Content starts

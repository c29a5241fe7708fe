-- ===== src/Cbor/Encode/Keys.antt =====
-- The orders in which `Encode` writes the keys of a map, as orders on the keys themselves.
use aafp_go.Base.{
  ℕ, zero, suc, ◌*◌, ◌+◌, ◌^◌, ◌/◌, ◌%◌, ◌<◌, ◌≤◌, ◌≡◌, ◌⊎◌, sym, ap, ◌∙◌, true, false, ltb,
  if◌then◌else◌, Bytes, [], ◌∷◌, ◌++◌, length, be_bytes, length-be_bytes, arith,
}
use aafp_go.Base.Bits.{bit_or_join}
use aafp_go.Base.Int.{ℤ, pos, negsuc}
use aafp_go.Cbor.Head.{encode_head}
use aafp_go.Cbor.Head.RoundTrip.{head_ai, head_tail, head_ai-lt, encode_head-parts}
use aafp_go.Cbor.Encode.{bytes_lt, encode_int_key, int_key_less, str_key_less}
use aafp_go.Cbor.Decode.RoundTrip.Shape.{IsInt64}

-- Integer keys: from 0 upwards, then from -1 downwards.
abbrev pub IntBefore : ℤ → ℤ → Type 0
IntBefore (pos a) (pos b) = a ≤ b
IntBefore (pos a) (negsuc b) = Unit
IntBefore (negsuc a) (pos b) = ⊥
IntBefore (negsuc a) (negsuc b) = a ≤ b

-- Bytes as words in a dictionary.
abbrev pub WordBefore : Bytes → Bytes → Type 0
WordBefore [] b = Unit
WordBefore (x ∷ a) [] = ⊥
WordBefore (x ∷ a) (y ∷ b) = (x < y) ⊎ ((x ≡ y) × WordBefore a b)

-- Text keys: the shorter first, those of one length as words.
abbrev pub StrBefore : Bytes → Bytes → Type 0
StrBefore a b = (length a < length b) ⊎ ((length a ≡ length b) × WordBefore a b)

bytes_lt-snoc :
    (xs ys : Bytes) (x y : ℕ)
    → length xs ≡ length ys
    → bytes_lt (xs ++ (x ∷ [])) (ys ++ (y ∷ []))
      ≡ (if bytes_lt xs ys then true else if bytes_lt ys xs then false else ltb x y)
bytes_lt-snoc [] [] x y h = ground arith
bytes_lt-snoc [] (c ∷ ys) x y h = absurd (omega arith)
bytes_lt-snoc (b ∷ xs) [] x y h = absurd (omega arith)
bytes_lt-snoc (b ∷ xs) (c ∷ ys) x y h = ground (arith, bytes_lt-snoc xs ys x y)

-- Big-endian bytes of one width are ordered as the numbers.
bytes_lt-be_bytes :
    (k a b : ℕ) → a < 256 ^ k → b < 256 ^ k → bytes_lt (be_bytes k a) (be_bytes k b) ≡ ltb a b
unfolding be_bytes
bytes_lt-be_bytes zero a b h h' = ground arith
bytes_lt-be_bytes (suc k) a b h h' =
    let same : length (be_bytes k (a / 256)) ≡ length (be_bytes k (b / 256)) =
      length-be_bytes k (a / 256) ∙ sym (length-be_bytes k (b / 256)) in
    let left = bytes_lt-be_bytes k (a / 256) (b / 256) (omega arith) (omega arith) in
    let right = bytes_lt-be_bytes k (b / 256) (a / 256) (omega arith) (omega arith) in
    bytes_lt-snoc (be_bytes k (a / 256)) (be_bytes k (b / 256)) (a % 256) (b % 256) same
    ∙ rw (left, right) (ground arith)

-- The heads of one major type are ordered as their arguments.
bytes_lt-head :
    (m a b : ℕ)
    → a < 2 ^ 64
    → b < 2 ^ 64
    → bytes_lt ((m * 32 + head_ai a) ∷ head_tail a) ((m * 32 + head_ai b) ∷ head_tail b) ≡ ltb a b
bytes_lt-head m a b h h' = ground (
  arith,
  bytes_lt-be_bytes 1 a b,
  bytes_lt-be_bytes 2 a b,
  bytes_lt-be_bytes 4 a b,
  bytes_lt-be_bytes 8 a b,
)

head_bytes : (m a : ℕ) → m < 8 → encode_head (m * 32) a ≡ (m * 32 + head_ai a) ∷ head_tail a
head_bytes m a h =
    encode_head-parts (m * 32) a
    ∙ ap (λ b. b ∷ head_tail a) (bit_or_join m (head_ai a) h (head_ai-lt a))

head_order :
    (m n a b : ℕ)
    → m < 8
    → n < 8
    → bytes_lt (encode_head (m * 32) a) (encode_head (n * 32) b)
      ≡ bytes_lt ((m * 32 + head_ai a) ∷ head_tail a) ((n * 32 + head_ai b) ∷ head_tail b)
head_order m n a b h h' = λ i. bytes_lt (head_bytes m a h i) (head_bytes n b h' i)

-- A negative integer's head is above that of every other one.
majors_order :
    (a b : ℕ)
    → bytes_lt ((0 * 32 + head_ai a) ∷ head_tail a) ((1 * 32 + head_ai b) ∷ head_tail b) ≡ true
majors_order a b = ground (arith, head_ai-lt a)

majors_order' :
    (a b : ℕ)
    → bytes_lt ((1 * 32 + head_ai a) ∷ head_tail a) ((0 * 32 + head_ai b) ∷ head_tail b) ≡ false
majors_order' a b = ground (arith, head_ai-lt b)

-- An integer key comes before another by its encoding where it does as an integer.
pub int_key_less-IntBefore :
    (a b : ℤ)
    → IsInt64 a
    → IsInt64 b
    → (int_key_less a b ≡ true → IntBefore a b) × (int_key_less a b ≡ false → IntBefore b a)
unfolding int_key_less encode_int_key
int_key_less-IntBefore (pos a) (pos b) h h' =
    let order =
      head_order 0 0 a b (omega arith) (omega arith)
      ∙ bytes_lt-head 0 a b (omega arith) (omega arith) in
    (λ e. ground (arith, order), λ e. ground (arith, order))
int_key_less-IntBefore (pos a) (negsuc b) h h' =
    let order = head_order 0 1 a b (omega arith) (omega arith) ∙ majors_order a b in
    (λ e. tt, λ e. cc)
int_key_less-IntBefore (negsuc a) (pos b) h h' =
    let order = head_order 1 0 a b (omega arith) (omega arith) ∙ majors_order' a b in
    (λ e. absurd (cc), λ e. tt)
int_key_less-IntBefore (negsuc a) (negsuc b) h h' =
    let order =
      head_order 1 1 a b (omega arith) (omega arith)
      ∙ bytes_lt-head 1 a b (omega arith) (omega arith) in
    (λ e. ground (arith, order), λ e. ground (arith, order))

pub IntBefore-trans : (a b c : ℤ) → IntBefore a b → IntBefore b c → IntBefore a c
IntBefore-trans a b c h h' = ground arith

bytes_lt-WordBefore :
    (a b : Bytes) → (bytes_lt a b ≡ true → WordBefore a b) × (bytes_lt a b ≡ false → WordBefore b a)
bytes_lt-WordBefore [] [] = (λ e. tt, λ e. tt)
bytes_lt-WordBefore (x ∷ a) [] = (λ e. cc, λ e. tt)
bytes_lt-WordBefore [] (y ∷ b) = (λ e. tt, λ e. cc)
bytes_lt-WordBefore (x ∷ a) (y ∷ b) = ground (arith, bytes_lt-WordBefore a b)

WordBefore-trans : (a b c : Bytes) → WordBefore a b → WordBefore b c → WordBefore a c
WordBefore-trans [] b c h h' = tt
WordBefore-trans (x ∷ a) [] c h h' = absurd h
WordBefore-trans (x ∷ a) (y ∷ b) [] h h' = h'
WordBefore-trans (x ∷ a) (y ∷ b) (z ∷ c) h h' = ground (arith, WordBefore-trans a b c)

-- A text key comes before another just as the code compares them.
pub str_key_less-StrBefore :
    (a b : Bytes)
    → (str_key_less a b ≡ true → StrBefore a b) × (str_key_less a b ≡ false → StrBefore b a)
unfolding str_key_less
str_key_less-StrBefore a b = ground (arith, bytes_lt-WordBefore a b)

pub StrBefore-trans : (a b c : Bytes) → StrBefore a b → StrBefore b c → StrBefore a c
StrBefore-trans a b c h h' = ground (arith, WordBefore-trans a b c)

Content ends

__WHAT IS BEING ASKED__
Within the entries above, find every line where the string "negsuc" occurs, and copy it.

__ANSWER TO THE EXERCISE__
use aafp_go.Base.Int.{ℤ, pos, negsuc}
IntBefore (pos a) (negsuc b) = Unit
IntBefore (negsuc a) (pos b) = ⊥
IntBefore (negsuc a) (negsuc b) = a ≤ b
int_key_less-IntBefore (pos a) (negsuc b) h h' =
int_key_less-IntBefore (negsuc a) (pos b) h h' =
int_key_less-IntBefore (negsuc a) (negsuc b) h h' =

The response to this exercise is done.